Our recent studies identifying factors significantly associated with the positive child health index (PCHI) in a mixed cohort of preterm-born singletons, twins, and triplets posed some analytic and modeling challenges. The PCHI transforms the total number of health disorders experienced (of the eleven ascertained) to a scale from 0 to 100%. While some of the children had none of the eleven health disorders (i.e., PCHI = 1), others experienced a subset or all (i.e., 0 ≤PCHI< 1). This indicates the existence of two distinct data processes-one for the healthy children, and another for those with at least one health disorder, necessitating a two-part model to accommodate both. Further, the scores for twins and triplets are potentially correlated since these children share similar genetics and early environments.
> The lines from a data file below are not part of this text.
-- ===== src/Archive/Safety.antt =====
-- What an extraction has written by the time it ends, whether it succeeds or stops.
use arguss.Base.{
  ℕ, not-false, ◌+◌, ◌≤◌, ◌≡◌, refl, arith, false, Option, none, some, List, [], ◌∷◌, map, leb→le,
  length, length-map, is_empty, sum, All, Text, is_in, keep, length-keep-le, inl, inr, ◌⊎◌,
  Distinct, if_both, ap, sym, subst, ◌∙◌,
}
use arguss.Base.Results.{ok, bind-ok, require, require-Passed, require-bind, Result-cases}
use arguss.Archive.{
  ZipInfo, ZipFile, FileEntry, nothing_yet, ZipExtractionError, max_total_extracted_bytes,
  max_entries, Extraction, stopped, also_written, data_checks, write_checked, write_file,
  write_validated, write_files, validate_entries, validate_archive, extract_entries,
  extract_workflows_zip,
}
use arguss.Archive.Admitted.{
  sizes, Accepted, Inv, infos_of, is_wanted, validate_entries-Inv, validate_entries-infos,
}

abbrev pub basenames : List (FileEntry × Text) → List Text
basenames = map (λ w. w.0.basename)

-- A file is written whole, or the extraction stops.
pub write_file-cases :
    (f : FileEntry) (o : Option Text) (later : Extraction)
    → ((e : ZipExtractionError) × (write_file f o later ≡ stopped e))
      ⊎ ((content : Text) × (length content ≡ f.info.file_size)
          × (write_file f o later ≡ also_written f content later))
unfolding write_file write_checked data_checks
write_file-cases f none later = inl (_, refl)
write_file-cases f (some content) later =
    elim (Result-cases (require (data_checks f content) content)) [
      | inl (e, h) ↦ inl (e, rw (write_file, h) refl)
      | inr (c, h) ↦
          let (q, (p, rest)) = require-Passed (data_checks f content) content c h in
          inr (content, ground (arith, not-false _ p), rw (write_file, h, q) refl)
    ]

module _ (resolve : Text → Text) (dest : Text) where
  abbrev pub AcceptedFile : FileEntry × Text → Type 0
  AcceptedFile w = Accepted resolve dest w.0 × (length w.1 ≡ w.0.info.file_size)

  -- What the written files have when the entries that may be written are `fs`.
  record Within (fs : List FileEntry) (o : Extraction) : Type 0 where
    all_accepted : All AcceptedFile o.written
    total : sum (λ w. length w.1) o.written ≤ sizes fs
    few : length o.written ≤ length fs
    fresh :
        (b : Text)
        → is_in b (map (λ f. f.basename) fs) ≡ false
        → is_in b (basenames o.written) ≡ false
    distinct : Distinct (basenames o.written)

  stopped-Within : (fs : List FileEntry) (e : ZipExtractionError) → Within fs (stopped e)
  stopped-Within fs e = record {
    all_accepted = tt;
    total = omega arith;
    few = omega arith;
    fresh = λ b h. refl;
    distinct = tt;
  }

  written-Within :
      (f : FileEntry) (fs : List FileEntry) (content : Text) (o : Extraction)
      → Accepted resolve dest f
      → is_in f.basename (map (λ g. g.basename) fs) ≡ false
      → length content ≡ f.info.file_size
      → Within fs o
      → Within (f ∷ fs) (also_written f content o)
  written-Within f fs content o a d l w = record {
    all_accepted = ((a, l), w.all_accepted);
    total = omega (arith, w.total, l);
    few = omega (arith, w.few);
    fresh = λ b h. ground (arith, w.fresh b);
    distinct = (w.fresh _ d, w.distinct);
  }

  write_files-Within :
      (read : Text → Option Text) (n : ℕ) (fs : List FileEntry)
      → All (Accepted resolve dest) fs
      → Distinct (map (λ f. f.basename) fs)
      → Within fs (write_files read n fs)
  unfolding write_files
  write_files-Within read n [] a d = record {
    all_accepted = tt;
    total = omega arith;
    few = omega arith;
    fresh = λ b h. h;
    distinct = tt;
  }
  write_files-Within read n (f ∷ fs) a d =
      let ih = write_files-Within read (n + 1) fs a.1 d.1 in
      elim (write_file-cases f (read f.info.filename) (write_files read (n + 1) fs)) [
        | inl (e, h) ↦ rw h (stopped-Within _ e)
        | inr (content, l, h) ↦ rw h (written-Within f fs content _ a.0 d.0 l ih)
      ]

  -- The files that pass the validation.
  pub validated :
      (entries : List ZipInfo) (files : List FileEntry)
      → validate_archive resolve dest entries ≡ ok files
      → (length entries ≤ max_entries)
        × (is_empty files ≡ false)
        × (infos_of files ≡ keep is_wanted entries)
        × All (Accepted resolve dest) files
        × (sizes files ≤ max_total_extracted_bytes)
        × Distinct (map (λ f. f.basename) files)
  unfolding validate_archive
  validated entries files h =
      let (p, h1) = require-bind _ entries _ files h in
      let (s, e, h2) = bind-ok (validate_entries resolve dest entries nothing_yet) _ files h1 in
      let (q, r) = require-Passed _ s.file_entries files h2 in
      let inv = validate_entries-Inv resolve dest entries nothing_yet s start_Inv e in
      let infos = validate_entries-infos resolve dest entries nothing_yet s e in
      (
        leb→le _ _ (not-false _ p.0),
        ap is_empty (sym q) ∙ r.0,
        ap infos_of (sym q) ∙ infos,
        subst (All (Accepted resolve dest)) q inv.accepted,
        subst (λ l. sizes l ≤ max_total_extracted_bytes) q
            (omega (arith, inv.counted, inv.bounded)),
        subst (λ l. Distinct (map (λ f. f.basename) l)) q inv.distinct,
      )
    where
      start_Inv : Inv resolve dest nothing_yet
      start_Inv = record {
        accepted = tt;
        counted = refl;
        bounded = omega arith;
        seen = refl;
        distinct = tt;
      }

  -- What an extraction has written.
  pub record Safe (o : Extraction) : Type 0 where
    pub all_accepted : All AcceptedFile o.written
    pub total : sum (λ w. length w.1) o.written ≤ max_total_extracted_bytes
    pub few : length o.written ≤ max_entries
    pub distinct : Distinct (basenames o.written)

  stopped-Safe : (e : ZipExtractionError) → Safe (stopped e)
  stopped-Safe e = record {
    all_accepted = tt;
    total = omega arith;
    few = omega arith;
    distinct = tt;
  }

  entries-Safe :
      (read : Text → Option Text) (o : Option (List ZipInfo))
      → Safe (extract_entries resolve dest read o)
  unfolding extract_entries write_validated
  entries-Safe read none = stopped-Safe _
  entries-Safe read (some entries) = elim (Result-cases (validate_archive resolve dest entries)) [
    | inl (e, h) ↦ subst (λ r. Safe (write_validated read r)) (sym h) (stopped-Safe e)
    | inr (files, h) ↦
        let (few, em, infos, a, t, d) = validated entries files h in
        let w = write_files-Within read 0 files a d in
        let n : length files ≤ length entries = wanted_few entries files infos in
        subst (λ r. Safe (write_validated read r)) (sym h)
          (record {
            all_accepted = w.all_accepted;
            total = omega (arith, w.total, t);
            few = omega (arith, w.few, n, few);
            distinct = w.distinct;
          })
  ]
    where
      wanted_few :
          (entries : List ZipInfo) (files : List FileEntry)
          → infos_of files ≡ keep is_wanted entries
          → length files ≤ length entries
      wanted_few entries files e = omega (
        arith,
        length-map (λ (f : FileEntry). f.info) files,
        ap length e,
        length-keep-le is_wanted entries,
      )

-- Whatever the archive holds and whatever `zipfile` returns, and also where the extraction stops
-- with an error, every file written so far has an allowed extension, holds as many bytes as its
-- entry announces and at most 2 MiB, lies inside the resolved destination, and comes from an
-- entry that is no symlink and has no ".." in its name; the files have different basenames, are at
-- most 200 and have at most 10 MiB together.
pub extract-Safe :
    (resolve : Text → Text) (zipfile : Text → ZipFile) (zip_bytes dest_dir : Text)
    → Safe resolve (resolve dest_dir) (extract_workflows_zip resolve zipfile zip_bytes dest_dir)
unfolding extract_workflows_zip
extract-Safe resolve zipfile zip_bytes dest_dir =
    if_both (Safe resolve (resolve dest_dir)) (is_empty zip_bytes) _ _ (stopped-Safe resolve _ _) (
      if_both (Safe resolve (resolve dest_dir)) (zipfile zip_bytes).is_zipfile _ _
        (entries-Safe resolve _ _ _) (stopped-Safe resolve _ _))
The existing approach for analyzing PCHI data dichotomizes the data (i.e., number of health disorders) and uses a mixed-effects logistic or multiple logistic regression to model the binary feature of the PCHI (1 vs. < 1). To provide an alternate analytic framework, in this study we jointly model the two data processes under a mixed-effects two-part model framework that accounts for the sample correlations between and within the two data processes. The proposed method increases power to detect factors associated with disorders. Extensive numerical studies demonstrate that the proposed joint-test procedure consistently outperforms the existing method when the type I error is controlled at the same level. Our numerical studies also show that the proposed method is robust to model misspecifications and it is applicable to a set of correlated semi-continuous data.